**Saved data entries**
━━━━━━━━
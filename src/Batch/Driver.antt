-- ===== src/Batch/Driver.antt =====
-- arm64_files/migrate.c, lines 2373-2563: `migrate_pages` around the passes of its loop, from the
-- list that it is called with to its return value.
use memory_migration_cs.Base.{
  ℕ, zero, suc, Bool, true, false, Option, none, some, List, [], Errno, enomem, ◌+◌, ◌∷◌, ◌++◌,
}
use memory_migration_cs.Batch.{Page, Mover, Counters, Progress, run_passes}

-- A return value of `migrate_pages`: the number of pages, THPs and hugetlb pages that were not
-- migrated, or an error.
pub data Verdict : Type 0 where
  count : ℕ → Verdict
  error : Errno → Verdict

-- What `migrate_pages` leaves: the list `from`, the return value, the pages that were migrated, the
-- counters (`*ret_succeeded` is `nr_succeeded`) and the world.
pub record Batch (W : Type 0) : Type 0 where
  pub from : List Page
  pub rc : Verdict
  pub gone : List Page
  pub counters : Counters
  pub world : W

-- `list_splice(&ret_pages, from)`, and `rc = 0` if the list is empty.
abbrev pub empty_is_zero : List Page → Verdict → Verdict
empty_is_zero [] rc = count 0
empty_is_zero (p ∷ ps) rc = rc

unfoldable pub finish : {W : Type 0} → List Page → Verdict → Progress W → Batch W
finish from rc s = record {
  from = s.lists.ret ++ from;
  rc = empty_is_zero (s.lists.ret ++ from) rc;
  gone = s.lists.gone;
  counters = s.counters;
  world = s.world;
}

-- `case -ENOMEM` after the counting: the split pages go to the front of `from`.
unfoldable pub finish_enomem : {W : Type 0} → List Page → Progress W → Batch W
unfolding finish
finish_enomem rest s =
    let c = s.counters in
    finish (s.lists.split_pages ++ (s.lists.kept ++ rest)) (error enomem)
      (record s { counters = record c { nr_thp_failed = c.nr_thp_failed + c.thp_retry } })

-- After the passes: what is still to be retried has failed.
abbrev pub add_retries : Counters → Counters
add_retries c = record c {
  nr_failed = c.nr_failed + c.retry;
  nr_thp_failed = c.nr_thp_failed + c.thp_retry;
  nr_failed_pages = c.nr_failed_pages + c.nr_retry_pages;
}

-- `goto thp_subpage_migration`: what is left of `from` goes to the front of `ret_pages`, and the
-- split pages take its place.
abbrev pub begin_subpages : {W : Type 0} → Progress W → Progress W
begin_subpages s = record s {
  lists = record (s.lists) {
    kept = s.lists.split_pages;
    ret = s.lists.kept ++ s.lists.ret;
    split_pages = [];
  };
  counters = record (s.counters) { retry = 1 };
}

-- The end of a round that no `goto out` has left: the return value, or `goto
-- thp_subpage_migration` if pages were split.
unfoldable pub end_round :
    {W : Type 0} → (Progress W → Option (Batch W)) → List Page → Progress W → Option (Batch W)
end_round next [] s =
    some (finish s.lists.kept (count (s.counters.nr_failed + s.counters.nr_thp_failed)) s)
end_round next (p ∷ ps) s = next (begin_subpages s)

unfoldable pub after_passes :
    {W : Type 0}
    → (Progress W → Option (Batch W))
    → Progress W × Option (List Page)
    → Option (Batch W)
after_passes next (s, some rest) = some (finish_enomem rest s)
after_passes next (s, none) =
    end_round next s.lists.split_pages (record s { counters = add_retries s.counters })

-- The rounds from `thp_subpage_migration` on, at most `rounds` of them; `none` if they do not do.
unfoldable pub run_rounds :
    {W : Type 0}
    → Mover W
    → (rounds : ℕ) → (nosplit no_subpage_counting : Bool) → Progress W
    → Option (Batch W)
run_rounds m zero nosplit nsc s = none
run_rounds m (suc n) nosplit nsc s =
    after_passes (run_rounds m n nosplit true) (run_passes m nosplit nsc 10 s)

abbrev pub start : {W : Type 0} → List Page → W → Progress W
start from w = record {
  world = w;
  lists = record { kept = from; ret = []; split_pages = []; gone = [] };
  counters = record {
    retry = 1;
    thp_retry = 1;
    nr_failed = 0;
    nr_failed_pages = 0;
    nr_retry_pages = 0;
    nr_succeeded = 0;
    nr_thp_succeeded = 0;
    nr_thp_failed = 0;
    nr_thp_split = 0;
  };
}

-- `migrate_pages`, in at most two rounds. `nosplit` is `reason == MR_NUMA_MISPLACED`.
unfoldable pub migrate_pages : {W : Type 0} → Mover W → Bool → List Page → W → Option (Batch W)
migrate_pages m nosplit from w = run_rounds m 2 nosplit false (start from w)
━━━━━━━━
**THE PROBLEM**
What you give back should be exactly the lines of the data above from the line with "pub world : W" through the line with "after_passes next (s, some", both of those included, and nothing more.

**RESULT FOR THIS EXERCISE**
  pub world : W

-- `list_splice(&ret_pages, from)`, and `rc = 0` if the list is empty.
abbrev pub empty_is_zero : List Page → Verdict → Verdict
empty_is_zero [] rc = count 0
empty_is_zero (p ∷ ps) rc = rc

unfoldable pub finish : {W : Type 0} → List Page → Verdict → Progress W → Batch W
finish from rc s = record {
  from = s.lists.ret ++ from;
  rc = empty_is_zero (s.lists.ret ++ from) rc;
  gone = s.lists.gone;
  counters = s.counters;
  world = s.world;
}

-- `case -ENOMEM` after the counting: the split pages go to the front of `from`.
unfoldable pub finish_enomem : {W : Type 0} → List Page → Progress W → Batch W
unfolding finish
finish_enomem rest s =
    let c = s.counters in
    finish (s.lists.split_pages ++ (s.lists.kept ++ rest)) (error enomem)
      (record s { counters = record c { nr_thp_failed = c.nr_thp_failed + c.thp_retry } })

-- After the passes: what is still to be retried has failed.
abbrev pub add_retries : Counters → Counters
add_retries c = record c {
  nr_failed = c.nr_failed + c.retry;
  nr_thp_failed = c.nr_thp_failed + c.thp_retry;
  nr_failed_pages = c.nr_failed_pages + c.nr_retry_pages;
}

-- `goto thp_subpage_migration`: what is left of `from` goes to the front of `ret_pages`, and the
-- split pages take its place.
abbrev pub begin_subpages : {W : Type 0} → Progress W → Progress W
begin_subpages s = record s {
  lists = record (s.lists) {
    kept = s.lists.split_pages;
    ret = s.lists.kept ++ s.lists.ret;
    split_pages = [];
  };
  counters = record (s.counters) { retry = 1 };
}

-- The end of a round that no `goto out` has left: the return value, or `goto
-- thp_subpage_migration` if pages were split.
unfoldable pub end_round :
    {W : Type 0} → (Progress W → Option (Batch W)) → List Page → Progress W → Option (Batch W)
end_round next [] s =
    some (finish s.lists.kept (count (s.counters.nr_failed + s.counters.nr_thp_failed)) s)
end_round next (p ∷ ps) s = next (begin_subpages s)

unfoldable pub after_passes :
    {W : Type 0}
    → (Progress W → Option (Batch W))
    → Progress W × Option (List Page)
    → Option (Batch W)
after_passes next (s, some rest) = some (finish_enomem rest s)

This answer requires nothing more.